TASK PROMPT | From the records below, extract only the lines running from the line with "(state : State) (me : Me) (assigned" to the line with "(arith, h (rw l)))", both lines included, reproducing them exactly.

=== SUPPLIED MATERIAL ===

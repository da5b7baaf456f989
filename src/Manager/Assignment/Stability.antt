-- ===== src/Manager/Assignment/Stability.antt =====
-- `worker_partitions` as a whole, and when it acts again.
use rust_accelerator_no_sql.Map
use rust_accelerator_no_sql.Map.Set
use rust_accelerator_no_sql.Prelude.{
  zero, sym, ap, ◌∙◌, Option-cases, map, not, ◌&&◌, option_eq, Bool-cases, suc, is_some, inr, inl,
  arith, refl, ◌∷◌, [], List, some, true, Bool, ◌≡◌, ℕ,
}
use rust_accelerator_no_sql.Manager.{other_nodes, cluster_state, ManagerProtocol, State}
use rust_accelerator_no_sql.Manager.Assignment.{
  place_replicas, place_partitions, worker_ids, calculate_new_mapping, worker_partitions,
  is_assigned, create_new_workers_state, copy_current_mapping_to_old, reassign,
}
use rust_accelerator_no_sql.Common.{Node, ClusterState, Partition, partitions_amount, Me, NodeId}
use rust_accelerator_no_sql.Map.Set.{
  keys-IsAscending, list_eq_refl, len-keys, set_eq, keys-from_list, IsAscending,
}
use rust_accelerator_no_sql.Manager.Assignment.Ownership.{
  calculate_new_mapping-done, with_mapping, calculate_new_mapping_lem,
}
use rust_accelerator_no_sql.Map.{Map}

-- A leader is known only together with its epoch.
abbrev pub HasEpoch : State → Type 0
HasEpoch state = (is_some state.elected_leader_id ≡ true) → is_some state.epoch ≡ true

-- What a recalculation leaves alone, and the workers that it notes.
pub record IsReassigned (state state' : State) (ids : List NodeId) : Type 0 where
  pub nodes : state'.nodes ≡ state.nodes
  pub epoch : state'.epoch ≡ state.epoch
  pub leader : state'.elected_leader_id ≡ state.elected_leader_id
  pub workers : Map.keys state'.workers_with_calculated_partitions ≡ ids

create_new_workers_state-some :
    (state : State) (epoch leader_id : ℕ)
    → state.epoch ≡ some epoch
    → state.elected_leader_id ≡ some leader_id
    → create_new_workers_state state
      ≡ some (record {
        epoch = epoch;
        leader_id = leader_id;
        nodes = [];
        partitions = state.partitions;
      })
unfolding create_new_workers_state
create_new_workers_state-some state epoch leader_id e l = ground (arith, e, l)

reassign-some :
    (state : State) (me : Me) (factor epoch leader_id id : ℕ) (ids : List NodeId)
    (mapping : Map Partition)
    → state.epoch ≡ some epoch
    → state.elected_leader_id ≡ some leader_id
    → calculate_new_mapping
        (copy_current_mapping_to_old state (id ∷ ids))
        partitions_amount
        factor
        (id ∷ ids)
      ≡ some (with_mapping (copy_current_mapping_to_old state (id ∷ ids)) mapping)
    → IsAscending (id ∷ ids)
    → (r : State × List ManagerProtocol) × (reassign state me factor (id ∷ ids) ≡ some r)
      × IsReassigned state r.0 (id ∷ ids)
unfolding reassign copy_current_mapping_to_old
reassign-some state me factor epoch leader_id id ids mapping e l done a =
    let copied = copy_current_mapping_to_old state (id ∷ ids) in
    let state' = with_mapping copied mapping in
    let workers_state : ClusterState = record {
      epoch = epoch;
      leader_id = leader_id;
      nodes = [];
      partitions = state'.partitions;
    } in
    (
      (
        record state' { workers_with_calculated_partitions = Set.from_list (id ∷ ids) },
        map (λ recipient_id. cluster_state recipient_id workers_state) (other_nodes state.nodes me),
      ),
      rw (done, reassign) (rw (create_new_workers_state-some state' epoch leader_id e l)),
      record { nodes = refl; epoch = refl; leader = refl; workers = keys-from_list (id ∷ ids) a },
    )

-- Without replicas no partition is mapped.
place_partitions_none :
    (count : ℕ) (ids : List NodeId) (p : ℕ) (mapping : Map Partition)
    → place_partitions count ids 0 p mapping ≡ some mapping
unfolding place_partitions place_replicas
place_partitions_none zero ids p mapping = refl
place_partitions_none (suc count) ids p mapping = place_partitions_none count ids (suc p) mapping

calculate_new_mapping_done :
    (state : State) (factor id : ℕ) (ids : List NodeId)
    → (mapping : Map Partition) × (calculate_new_mapping state partitions_amount factor (id ∷ ids)
        ≡ some (with_mapping state mapping))
calculate_new_mapping_done state zero id ids = (
  Map.empty,
  calculate_new_mapping-done state partitions_amount 0 (id ∷ ids) Map.empty
      (place_partitions_none partitions_amount (id ∷ ids) 0 Map.empty),
)
calculate_new_mapping_done state (suc factor) id ids =
    let (mapping, done, _, _) =
      calculate_new_mapping_lem state partitions_amount factor (id ∷ ids) (omega arith)
        (omega arith) in
    (mapping, done)

reassign_lem :
    (state : State) (me : Me) (factor epoch leader_id : ℕ) (ids : List NodeId)
    → state.epoch ≡ some epoch
    → state.elected_leader_id ≡ some leader_id
    → IsAscending ids
    → (r : State × List ManagerProtocol) × (reassign state me factor ids ≡ some r)
      × IsReassigned state r.0 ids
unfolding reassign copy_current_mapping_to_old Set.from_list
reassign_lem state me factor epoch leader_id [] e l a = (
  (
    record (copy_current_mapping_to_old state []) {
      workers_with_calculated_partitions = Map.empty;
    },
    [],
  ),
  refl,
  record { nodes = refl; epoch = refl; leader = refl; workers = keys-from_list [] tt },
)
reassign_lem state me factor epoch leader_id (id ∷ ids) e l a =
    let (mapping, done) =
      calculate_new_mapping_done (copy_current_mapping_to_old state (id ∷ ids)) factor id ids in
    reassign-some state me factor epoch leader_id id ids mapping e l done a

is_assigned_lem :
    (state : State)
    → Map.keys state.workers_with_calculated_partitions ≡ Map.keys (worker_ids state.nodes)
    → is_assigned state ≡ true
unfolding is_assigned set_eq
is_assigned_lem state h = ground (
  arith,
  h,
  len-keys state.workers_with_calculated_partitions,
  len-keys (worker_ids state.nodes),
  list_eq_refl (Map.keys (worker_ids state.nodes)),
)

acting_leader :
    (state : State) (me : Me) (assigned : Bool)
    → (option_eq state.elected_leader_id (some me.id) && not assigned) ≡ true
    → state.elected_leader_id ≡ some me.id
acting_leader state me assigned h = ground arith

known_epoch :
    (state : State) (leader_id : ℕ)
    → HasEpoch state
    → state.elected_leader_id ≡ some leader_id
    → (epoch : ℕ) × (state.epoch ≡ some epoch)
known_epoch state leader_id h l = elim (Option-cases state.epoch) [
  | inl e ↦ absurd (ground (arith, h (rw l)))
  | inr found ↦ found
]

assigned_idle :
    (state : State) (me : Me) (factor : ℕ)
    → is_assigned state ≡ true
    → worker_partitions state me factor ≡ some (state, [])
unfolding worker_partitions
assigned_idle state me factor h = ground (arith, h)

-- With any replication factor, and a leader known only together with its epoch, the tick's
-- `worker_partitions` does not panic, leaves the nodes, the epoch and the leader as they are, and doing
-- it again changes nothing and sends nothing.
pub worker_partitions_settles :
    (state : State) (me : Me) (factor : ℕ)
    → HasEpoch state
    → (r : State × List ManagerProtocol) × (worker_partitions state me factor ≡ some r)
      × (r.0.nodes ≡ state.nodes)
      × (r.0.epoch ≡ state.epoch)
      × (r.0.elected_leader_id ≡ state.elected_leader_id)
      × (worker_partitions r.0 me factor ≡ some (r.0, []))
unfolding worker_partitions
worker_partitions_settles state me factor h =
    elim (Bool-cases (option_eq state.elected_leader_id (some me.id) && not (is_assigned state))) [
      | inr idle ↦ (
        (state, []),
        rw (idle, worker_partitions),
        refl,
        refl,
        refl,
        rw (idle, worker_partitions),
      )
      | inl acts ↦
          let leads = acting_leader state me (is_assigned state) acts in
          let (epoch, e) = known_epoch state me.id h leads in
          let (r, done, kept) =
            reassign_lem state me factor epoch me.id (Map.keys (worker_ids state.nodes)) e leads
              (keys-IsAscending (worker_ids state.nodes)) in
          (
            r,
            rw (acts, worker_partitions) done,
            kept.nodes,
            kept.epoch,
            kept.leader,
            assigned_idle r.0 me factor (
                is_assigned_lem r.0 (
                  kept.workers
                  ∙ ap (λ (nodes : Map Node). Map.keys (worker_ids nodes)) (sym kept.nodes))),
          )
    ]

===

THE COMPLETED TASK |
    (state : State) (me : Me) (assigned : Bool)
    → (option_eq state.elected_leader_id (some me.id) && not assigned) ≡ true
    → state.elected_leader_id ≡ some me.id
acting_leader state me assigned h = ground arith

known_epoch :
    (state : State) (leader_id : ℕ)
    → HasEpoch state
    → state.elected_leader_id ≡ some leader_id
    → (epoch : ℕ) × (state.epoch ≡ some epoch)
known_epoch state leader_id h l = elim (Option-cases state.epoch) [
  | inl e ↦ absurd (ground (arith, h (rw l)))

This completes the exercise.